Они превзошли все ожидания Марка Твена; они дали больше, чем он рассчитывал. Он переслал их Хауэллсу с огромным удовлетворением, предложив с некоторыми купюрами предложить их анонимно читателям Atlantic.
Но вкусы Хауэллса в области реализма имели свои пределы. Он счел историю интересной — более того, мучительно, до боли в сердце увлекательной — и, решительно не рекомендуя ее к публикации, вернул ее назад.
Орион тем временем строчил со скоростью от десяти до двадцати страниц в день, отсылая их по мере написания, пока его мужество не иссякло, а творческий огонь не остыл. Клеменс, получавший по пакету с утренней почтой, вскоре потерял интерес, затем у него развилось чувство преследуемого человека, сменившееся в конце концов отчаянием. Он отчаянно писал брату, пытаясь остановить его, настоятельно рекомендуя дать рукописи отлежаться и прислать ее одной крупной посылкой в самом конце. Орион так и поступил, и справедливости ради стоит отметить, что в данном случае он по крайней мере честно придерживался своей работы до самого горького, удручающего конца. И это стало бы всем, о чем Марк Твен мечтал, если бы Орион сохранил простой повествовательный дух первых страниц. Но он сбился на теологические дебри; в рассуждениях о своем отлучении от церкви и ереси, которые были достаточно откровенны, но лишены человеческого интереса.
В старости Марк Твен однажды упомянул автобиографию Ориона в печати и собственное разочарование ею, которое он приписал отступлению Ориона от идеи откровенного и непредвзятого признания ради возвеличения себя в роли героя, — утверждение совершенно необоснованное и проистекающее из одной из тех странных путаниц памяти и воображения, которые не единожды приводили к полному искажению фактов. Часть рукописи Ориона была утеряна и уничтожена, но сохранившихся фрагментов вполне достаточно, чтобы продемонстрировать верность первоначальному замыслу. Это просто бесконечная хроника увядающей надежды, тщетных усилий и унижения. Это история жизни, полной разочарований; человека, которого мир сокрушил, избил и растоптал так, что у него не осталось ничего, кроме признания, чтобы капитулировать. — [Хауэллс в своем письме относительно первых глав говорил, что со временем из них получится отличный материал.
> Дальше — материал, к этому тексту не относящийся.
-- ===== src/Roaring/Sparse.antt =====
-- A value at the end of a sparse set below its limit: it is there, or the set is as it was.
use arnm.Base.{
  nil_of_length, ℕ, suc, ◌+◌, ◌*◌, ◌/◌, ◌%◌, ◌^◌, ◌≤◌, ◌<◌, ◌≡◌, ◌≢◌, refl, ap, sym, ◌∙◌, [], ◌∷◌,
  ◌++◌, false, inl, inr, arith, length, take, ◌==◌, if◌then◌else◌, Bool-cases, ==_iff,
  length-append,
}
use native.Mathlib.Decide.{ℕ_discrete}
use arnm.BucketVector.Walks.{take-all}
use arnm.Result.{is_success}
use arnm.Roaring.{RoaringBitmap}
use arnm.Roaring.Pool.{BlockPool, IsLending, Refuses}
use arnm.Roaring.Adding.{grow_values, sparse_add}
use arnm.Roaring.Elements.{IsSparse, Settles}
use arnm.Roaring.Directory.{block_doubled}

-- The set behind the growth of its block: the same values, and room for one more.
record HasRoom (s grown : RoaringBitmap) : Type 0 where
  values : grown.values ≡ s.values
  count : grown.count ≡ s.count
  containers : grown.containers ≡ s.containers
  cardinality : grown.cardinality ≡ s.cardinality
  has_block : grown.block ≢ 0
  least : 4 ≤ grown.directory_log2
  log2_small : grown.directory_log2 ≤ 12
  room : suc s.cardinality * 4 ≤ 2 ^ grown.directory_log2

-- The set behind a sparse value.
pub record Appended (s : RoaringBitmap) (value : ℕ) (after : RoaringBitmap) : Type 0 where
  pub sparse : IsSparse after
  pub values : after.values ≡ s.values ++ value ∷ []
  pub cardinality : after.cardinality ≡ suc s.cardinality
  pub maximum : after.maximum ≡ value

values_below :
    (s : RoaringBitmap)
    → s.cardinality < 1024
    → s.cardinality ≡ 2 ^ s.directory_log2 / 4
    → s.directory_log2 ≤ 12
    → s.directory_log2 < 12
values_below s few at_limit small = elim (ℕ_discrete s.directory_log2 12) [
  | yes top ↦ let most : s.cardinality ≡ 1024 = at_limit ∙ rw top refl in absurd (omega arith)
  | no other ↦ omega arith
]

no_growth :
    (s : RoaringBitmap)
    → IsSparse s
    → (s.cardinality == (if s.block == 0 then 0 else 2 ^ s.directory_log2 / 4)) ≡ false
    → HasRoom s s
no_growth s valid free = elim (Bool-cases (s.block == 0)) [
  | inl null ↦ absurd (
      let none_yet = valid.blockless ((==_iff s.block 0).0 null) in
      let some_there = rw null at free in ground arith)
  | inr there ↦
      let more = rw there at free in
      record {
        values = refl;
        count = refl;
        containers = refl;
        cardinality = refl;
        has_block = λ e. ground arith;
        least = valid.least there;
        log2_small = valid.log2_small;
        room =
            (let differ : s.cardinality ≢ 2 ^ s.directory_log2 / 4 = ground arith in
              omega (arith, valid.fits));
      }
]

appended :
    (s grown : RoaringBitmap) (value : ℕ)
    → IsSparse s
    → s.cardinality < 1024
    → HasRoom s grown
    → Appended s value (record grown {
      values = take grown.cardinality grown.values ++ value ∷ [];
      cardinality = (grown.cardinality + 1) % 4294967296;
      maximum = value;
    })
appended s grown value valid few entry =
    let one_more : (grown.cardinality + 1) % 4294967296 ≡ suc s.cardinality =
      rw entry.cardinality (omega arith) in
    let kept : take grown.cardinality grown.values ≡ s.values =
      rw (entry.values, entry.cardinality)
        (take-all s.cardinality s.values (omega (arith, valid.counted))) in
    let listed = ap (λ vs. vs ++ value ∷ []) kept in
    record {
      sparse = record {
        no_containers = entry.count ∙ valid.no_containers;
        no_entries = entry.containers ∙ valid.no_entries;
        counted =
            one_more
            ∙ ap suc valid.counted
            ∙ sym (ap length listed ∙ length-append s.values (value ∷ []) ∙ omega arith);
        limited = rw one_more few;
        blockless = λ null. absurd (entry.has_block null);
        least = λ there. entry.least;
        log2_small = entry.log2_small;
        fits = rw one_more entry.room;
      };
      values = listed;
      cardinality = one_more;
      maximum = refl;
    }

module _ (P : BlockPool) (lending : IsLending P) where
  grow_values-HasRoom :
      (s : RoaringBitmap) (p : P.State)
      → IsSparse s
      → s.cardinality < 1024
      → ((s.block == 0) ≡ false → s.cardinality ≡ 2 ^ s.directory_log2 / 4)
      → Settles
          (grow_values P s p).result
          (HasRoom s (grow_values P s p).out)
          ((grow_values P s p).out ≡ s × Refuses P)
  unfolding grow_values is_success
  grow_values-HasRoom s p valid few full = elim (Bool-cases (s.block == 0)) [
    | inl null ↦ rw null (elim (Bool-cases (is_success (P.alloc_log2 p 4).result)) [
      | inl granted ↦
          let none_yet = valid.blockless ((==_iff s.block 0).0 null) in
          rw granted (
            inl (
              refl,
              record {
                values = sym (nil_of_length s.values (sym valid.counted ∙ none_yet));
                count = refl;
                containers = refl;
                cardinality = refl;
                has_block = lending.alloc-block p 4 granted;
                least = omega arith;
                log2_small = omega arith;
                room = rw none_yet (omega arith);
              },
            ))
      | inr refusal ↦ rw refusal (inr (refusal, (refl, (p, 4, refusal))))
    ])
    | inr there ↦
        let below = values_below s few (full there) valid.log2_small in
        let next : (s.directory_log2 + 1) % 256 ≡ suc s.directory_log2 = omega arith in
        rw (there, next)
          (elim (Bool-cases (is_success (P.alloc_log2 p (suc s.directory_log2)).result)) [
            | inl granted ↦ rw granted (
                inl (
                  refl,
                  record {
                    values = take-all s.cardinality s.values (omega (arith, valid.counted));
                    count = refl;
                    containers = refl;
                    cardinality = refl;
                    has_block = lending.alloc-block p (suc s.directory_log2) granted;
                    least = omega (arith, valid.least there);
                    log2_small = omega arith;
                    room =
                        block_doubled s.cardinality s.directory_log2 4 (valid.least there)
                          (omega arith) valid.fits;
                  },
                ))
            | inr refusal ↦ rw refusal (inr (refusal, (refl, (p, suc s.directory_log2, refusal))))
          ])
  ]

  pub sparse_add-Appended :
      (s : RoaringBitmap) (value : ℕ) (p : P.State)
      → IsSparse s
      → s.cardinality < 1024
      → Settles
          (sparse_add P s value p).result
          (Appended s value (sparse_add P s value p).out)
          ((sparse_add P s value p).out ≡ s × Refuses P)
  unfolding sparse_add is_success
  sparse_add-Appended s value p valid few =
      elim (Bool-cases (s.cardinality == (if s.block == 0 then 0 else 2 ^ s.directory_log2 / 4))) [
        | inl full ↦
            let at_limit : (s.block == 0) ≡ false → s.cardinality ≡ 2 ^ s.directory_log2 / 4 =
              λ there. (==_iff _ _).0 (rw there at full) in
            rw full (elim (grow_values-HasRoom s p valid few at_limit) [
              | inl (done, entry) ↦
                  rw done (inl (done, appended s (grow_values P s p).out value valid few entry))
              | inr (refusal, kept) ↦ rw refusal (inr (refusal, kept))
            ])
        | inr free ↦ rw free (inl (refl, appended s s value valid few (no_growth s valid free)))
      ]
К счастью, самые ранние из этих глав сохранились и, как читатель может помнить, послужили основой для многих деталей детства в этой биографии.]
Каким бы ни было более позднее впечатление Марка Твена от рукописи его брата, рассказ о неудачах и разочарованиях побудил его к конкретным действиям в тот момент.
Несколькими годами ранее в Хартфорде Орион убеждал его заключать издательские контракты на основе половины прибыли, а не по схеме роялти. Клеменс, вспомнив об этом, настоял на подобной схеме при публикации книги «Пешком по Европе», и когда пришел первый финансовый отчет, он осознал, что новый контракт оказался в огромном выигрыше для него самого. Он вспомнил беспокойство Ориона по этому поводу и сделал это весомым поводом для того, чтобы обеспечить брату прочную финансовую опору.
Из подозрений, которые вы посеронили во мне много лет назад, вырос следующий результат, а именно: в течение двенадцати месяцев я получу с этого «Трэмпа» 40 000 долларов вместо 20 000. 20 000 долларов после вычета налогов и прочих расходов стоят для инвестора около 75 долларов в месяц, поэтому я скажу мистеру Перкинсу [его юристу и финансовому агенту], чтобы впредь ваш чек составлял именно эту сумму ежемесячно... На этом с займами покончено, и отныне вы можете размышлять о том, что живете не на заемные деньги, а на честно заработанные средства, которые не несут на себе никакого пятна или привкуса благотворительности, и вы также можете поразмыслить о том, что получаемые от меня деньги вычитаются из того крупного счета, который придется оплатить следующему издателю, заполучившему мою книгу.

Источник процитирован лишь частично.